[Assigned task] Copy exactly the lines from the first line of the records below through the line containing "fail_if (ltb (length bytes) 32) invalid_key", including both, and nothing else.

START Exercise materials

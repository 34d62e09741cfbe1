-- ===== src/Curve.antt =====
-- src/curve.zig: the serialized forms of Curve25519 keys.
pub mod Generate
use libsignal_zig.Prelude.{ℕ, ◌≡◌, Bool, [], ◌∷◌, length, take_all, ltb, ◌==◌, not, eql, arith}
use libsignal_zig.Prelude.Bytes.{Bytes, slice}
use libsignal_zig.Prelude.Result.{Result, ok, ◌>>◌, fail_if, invalid_key, invalid_type}
use libsignal_zig.Crypto.{Crypto}

abbrev pub key_type_djb : ℕ
key_type_djb = 0x05

abbrev pub serialized_public_key_length : ℕ
serialized_public_key_length = 33

pub record PublicKey : Type 0 where
  pub key_bytes : Bytes

pub record PrivateKey : Type 0 where
  pub key_bytes : Bytes

pub record KeyPair : Type 0 where
  pub public_key : PublicKey
  pub private_key : PrivateKey

first_or_zero : Bytes → ℕ
first_or_zero [] = 0
first_or_zero (b ∷ bs) = b

unfoldable pub deserialize_public_key : Bytes → Result PublicKey
unfolding first_or_zero
deserialize_public_key bytes = do
  fail_if (ltb (length bytes) serialized_public_key_length) invalid_key
  fail_if (not (first_or_zero bytes == key_type_djb)) invalid_type
  ok (record { key_bytes = slice 1 32 bytes })

unfoldable pub serialize_public_key : PublicKey → Bytes
serialize_public_key k = key_type_djb ∷ k.key_bytes

unfoldable pub deserialize_private_key : Bytes → Result PrivateKey
deserialize_private_key bytes = do
  fail_if (ltb (length bytes) 32) invalid_key
  ok (record { key_bytes = slice 0 32 bytes })

unfoldable pub serialize_private_key : PrivateKey → Bytes
serialize_private_key k = k.key_bytes

unfoldable pub public_key_eql : PublicKey → PublicKey → Bool
public_key_eql a b = eql a.key_bytes b.key_bytes

-- `PrivateKey.calculateAgreement`: the X25519 shared secret.
unfoldable pub calculate_agreement : Crypto → PrivateKey → PublicKey → Result Bytes
calculate_agreement crypto ours theirs = crypto.scalarmult ours.key_bytes theirs.key_bytes

abbrev pub IsPublicKey : PublicKey → Type 0
IsPublicKey k = length k.key_bytes ≡ 32

abbrev pub IsPrivateKey : PrivateKey → Type 0
IsPrivateKey k = length k.key_bytes ≡ 32

pub length-serialize_public_key :
    (k : PublicKey) → IsPublicKey k → length (serialize_public_key k) ≡ 33
unfolding serialize_public_key
length-serialize_public_key k h = omega arith

-- A key that is parsed from its serialized form is the key.
pub deserialize-serialize_public_key :
    (k : PublicKey) → IsPublicKey k → deserialize_public_key (serialize_public_key k) ≡ ok k
unfolding deserialize_public_key serialize_public_key
deserialize-serialize_public_key k h = ground (arith, take_all 32 k.key_bytes h)

pub deserialize-serialize_private_key :
    (k : PrivateKey) → IsPrivateKey k → deserialize_private_key (serialize_private_key k) ≡ ok k
unfolding deserialize_private_key serialize_private_key
deserialize-serialize_private_key k h = ground (arith, take_all 32 k.key_bytes h)

pub length-serialize_private_key :
    (k : PrivateKey) → IsPrivateKey k → length (serialize_private_key k) ≡ 32
unfolding serialize_private_key
length-serialize_private_key k h = h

END Exercise materials

[Output]
repository 34d62e09741cfbe1
-- ===== src/Curve.antt =====
-- src/curve.zig: the serialized forms of Curve25519 keys.
pub mod Generate
use libsignal_zig.Prelude.{ℕ, ◌≡◌, Bool, [], ◌∷◌, length, take_all, ltb, ◌==◌, not, eql, arith}
use libsignal_zig.Prelude.Bytes.{Bytes, slice}
use libsignal_zig.Prelude.Result.{Result, ok, ◌>>◌, fail_if, invalid_key, invalid_type}
use libsignal_zig.Crypto.{Crypto}

abbrev pub key_type_djb : ℕ
key_type_djb = 0x05

abbrev pub serialized_public_key_length : ℕ
serialized_public_key_length = 33

pub record PublicKey : Type 0 where
  pub key_bytes : Bytes

pub record PrivateKey : Type 0 where
  pub key_bytes : Bytes

pub record KeyPair : Type 0 where
  pub public_key : PublicKey
  pub private_key : PrivateKey

first_or_zero : Bytes → ℕ
first_or_zero [] = 0
first_or_zero (b ∷ bs) = b

unfoldable pub deserialize_public_key : Bytes → Result PublicKey
unfolding first_or_zero
deserialize_public_key bytes = do
  fail_if (ltb (length bytes) serialized_public_key_length) invalid_key
  fail_if (not (first_or_zero bytes == key_type_djb)) invalid_type
  ok (record { key_bytes = slice 1 32 bytes })

unfoldable pub serialize_public_key : PublicKey → Bytes
serialize_public_key k = key_type_djb ∷ k.key_bytes

unfoldable pub deserialize_private_key : Bytes → Result PrivateKey
deserialize_private_key bytes = do
  fail_if (ltb (length bytes) 32) invalid_key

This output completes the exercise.